2013/03/10

Die Walküre / La Walkyrie / ヴァルキューレ ②(2013年3月10日)

少し霧がはれたので写真を撮ってみたが、それでもかなり白っぽい。
前回はパーテールの5列目で観ていて、舞台上から押し寄せるスモークに「ぎゃー、すごいスモーク!!!」と驚いたが、プルミエバルコンから見たらもっとすごかった。
パーテール全体が霞んで座っている観客の姿が見えないくらいの濃霧である(笑)。

何だかこう全身がオレンジゼストのピールになったような気分!前回より3倍くらいの陶酔感!幕がおりるたびに「あー、このまま続けばいいのに」と思った。終演直後にもう一度最初から観たい気持ちに(今日が最終日とはまったく残念…)。
ラインの黄金ではヴォータンらしさの見えなかったマイヤーが、今日は声のプロジェクションこそいまひとつなところもあったけれど、ブリュンヒルデとの別れのシーン、最愛の娘を思いやる気持ちとその娘と永遠に別れなければならない痛恨の思いを暖かみのある声で語るように歌い、観る者の心に沁みるようなパフォーマンスを見せてくれた(4ヶ月後の今でも思い出すと目が潤む)。

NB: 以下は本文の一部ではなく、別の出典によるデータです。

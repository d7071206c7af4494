-- ===== src/Fabric/Readback.antt =====
-- Lookup finds what publish has just stored.
use vautlage.Prelude.{
  ℕ, suc, ◌+◌, ◌^◌, ◌≤◌, ◌<◌, ◌≡◌, ◌⊎◌, inl, inr, ap, ◌∙◌, arith, List, Option, none, some,
  if◌then◌else◌, leb, length,
}
use vautlage.Errors.{Error, ok}
use vautlage.Atomics.{add}
use vautlage.Record.{Record, checksum32}
use vautlage.Ring
use vautlage.Ring.{Ring, Header, index, occupancy_pct}
use vautlage.Ring.Claim.{claimed, claim_free, claimed-IsValid, claimed-Claimed}
use vautlage.Ring.Publish.{publish_lem}
use vautlage.Index.{KeyIndex, Entry, upsert}
use vautlage.Index.Find.{probed, Passed}
use vautlage.Index.Upsert.{home, upsert_lem}
use vautlage.Index.Laws.{lookup-upsert}
use vautlage.Fabric.{Vaultage, Shard, put_shard, route, now, mark_saturated, publish, lookup}
use vautlage.Fabric.Total.{put_shard_self}
use vautlage.Fabric.Outcome.{issued, recorded, admit_claimed, ingest_done}
use vautlage.Fabric.Reads.{
  Admits, holding, holding-Addressable, delivered_by, found-holding, publish_admits, tested-Shows,
  lookup_found,
}

-- The entries for the key in its shard's index are of tickets already issued.
abbrev pub IsIssued : Vaultage → ℕ → Type 0
IsIssued v key =
    let x : KeyIndex = (v.shards (route v key)).index in
    (p : ℕ)
    → p < 16
    → (probed x (home x key) p).key ≡ key
    → (probed x (home x key) p).ticket ≤ v.ctl.ticket

module _ (fuel wall : ℕ) {v : Vaultage} {key : ℕ} {payload : List ℕ} (flags : ℕ)
    (a : Admits v key payload)
    (enough : (v.shards (route v key)).ring.tail < (v.shards (route v key)).ring.commit + fuel)
    (number : v.ctl.ticket + 1 < 2 ^ 64) where
  abbrev ring₀ : Ring
  ring₀ = (v.shards (route v key)).ring

  abbrev index₀ : KeyIndex
  index₀ = (v.shards (route v key)).index

  -- The header that the record of this call gets.
  abbrev pub header : Header
  header = record {
    ticket = add v.ctl.ticket 1;
    key = key;
    timestamp = now wall v;
    flags = flags;
    checksum = if v.cfg.checksums then checksum32 payload else 0;
  }

  abbrev waiting : Vaultage
  waiting = issued v (route v key) (claimed ring₀)

  waiting-shard :
      waiting.shards (route v key) ≡ record (v.shards (route v key)) { ring = claimed ring₀ }
  waiting-shard = put_shard_self _ (route v key) _

  -- The call reaches the ring, which hands it the tail, and then the index.
  published :
      (n : ℕ) × (Ring.publish (suc fuel) (claimed ring₀) ring₀.tail header payload
        ≡ some (length payload, holding (claimed ring₀) ring₀.tail header payload n))
  published =
      let (n, run, _, _) =
        publish_lem (suc fuel) (claimed-IsValid a.ring a.small a.free)
          (claimed-Claimed a.ring a.free) header payload (omega (arith, enough)) in
      (n, run)

  -- The ring and the index entry that result.
  abbrev ring₁ : ℕ → Ring
  ring₁ n = holding (claimed ring₀) ring₀.tail header payload n

  abbrev entry₁ : Entry
  entry₁ = record { key = key; ticket = add v.ctl.ticket 1; slot = index ring₀ ring₀.tail }

  finished :
      {n : ℕ} {failed : Option Error} {x : KeyIndex}
      → Ring.publish (suc fuel) (claimed ring₀) ring₀.tail header payload
        ≡ some (length payload, ring₁ n)
      → upsert (suc fuel) index₀ entry₁ (ring₁ n) ≡ some (failed, x)
      → publish (suc fuel) wall v key payload flags
        ≡ some (
          ok (add v.ctl.ticket 1),
          if leb v.cfg.high_water_pct (occupancy_pct (ring₁ n))
              then mark_saturated (recorded waiting (route v key) (ring₁ n) x) (route v key)
              else recorded waiting (route v key) (ring₁ n) x,
        )
  unfolding put_shard Ring.write_cell now
  finished {n} {failed} {x} run indexed =
      publish_admits (suc fuel) wall flags a
      ∙ admit_claimed (suc fuel) wall v key payload flags (claim_free fuel a.ring a.small a.free)
      ∙ ingest_done (suc fuel) wall waiting (route v key) ring₀.tail (add v.ctl.ticket 1) key flags
          payload _
          (ap (λ (sh : Shard). Ring.publish (suc fuel) sh.ring ring₀.tail header payload)
              waiting-shard
            ∙ run)
          (ap (λ (sh : Shard). upsert (suc fuel) sh.index entry₁ (ring₁ n)) waiting-shard ∙ indexed)

  -- A record that passes the guards while its shard, whose ring is valid with cursors short of 2 ^ 64,
  -- has a free cell is accepted, whatever other producers have in flight, if the index entries for its
  -- key are of tickets already issued and the fuel exceeds what the ring holds uncommitted: publish returns, with the next ticket. Lookup of its key then delivers
  -- exactly this record, with the payload, flags and ticket of the call; only if all 16 buckets of the
  -- key's probe sequence hold other keys may the record be missing from the index.
  pub publish-lookup :
      IsIssued v key
      → (rec : Record)
      → (v' : Vaultage) × (publish (suc fuel) wall v key payload flags
          ≡ some (ok (add v.ctl.ticket 1), v'))
        × ((lookup v' key rec ≡ (
          none,
          record (delivered_by ring₀ ring₀.tail header payload rec) { shard = route v key },
        ))
            ⊎ Passed index₀ (home index₀ key) key 16)
  unfolding Ring.write_cell add
  publish-lookup old rec =
      let (n, run) = published in
      elim (upsert_lem fuel index₀ entry₁ (ring₁ n) a.keyed) [
        | inr (full, passed, _) ↦ (_, finished run full, inr passed)
        | inl (x, indexed, _) ↦ (
          _,
          finished run indexed,
          inl (
              lookup_found v _ key (ring₁ n) x rec a.keyed
                (tested-Shows v (route v key) (claimed ring₀) (ring₁ n) x
                  (leb v.cfg.high_water_pct (occupancy_pct (ring₁ n))))
                (lookup-upsert fuel index₀ entry₁ (ring₁ n) a.keyed (omega arith)
                    (λ p lt same. omega (arith, old p lt same))
                    (holding-Addressable (claimed-IsValid a.ring a.small a.free) ring₀.tail header
                      payload n (omega (arith, a.fits, a.cap)))
                    indexed rec
                  ∙ ap (λ o. (none, o))
                      (found-holding (claimed-IsValid a.ring a.small a.free) ring₀.tail header
                        payload n rec))),
        )
      ]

娘をもつお父様方は涙なくしては観られなかったのではないだろうか。
ブリュンヒルデも前回は具合が悪かったに違いない、と思わせるほど元気溌剌としていてなかなか説得力があった。声の豊かさはあまり感じられないけれど、全体的にみて満足だった(満点のブリュンヒルデはそうそうどこにでもいるものではないし)。
ジークムントは今日もすばらしく心に響く歌唱と演技(剣を持って立ち回るところは腰が引けていて全くの臆病者のように見えて少しいただけないが)。最後のカーテンコールには出てこないので比べられないけれど、第1幕後のカーテンコールでの拍手は最後のジョルダンを上回っていたように感じられた。
しかしやっぱりあのジョルダンの煌めくような明晰なワグナーが…!ワグナーらしくないと感じる人もいるだろうけれど、ワタシは好きなのよ、こういうワグナーが!!!

*アントラクトの時、ピットでオーボエの人がチェネレントラの序曲のソロを何回も何回も練習していてワグナーとは全く異った雰囲気を漂わせていたのが可笑しかった。
*この直前にテレビでスカラ座の公演を観てしまった(何回目だろう?)。音楽は同じなのに、視覚的にあまりにも違いすぎてとても同じオペラとは思えない。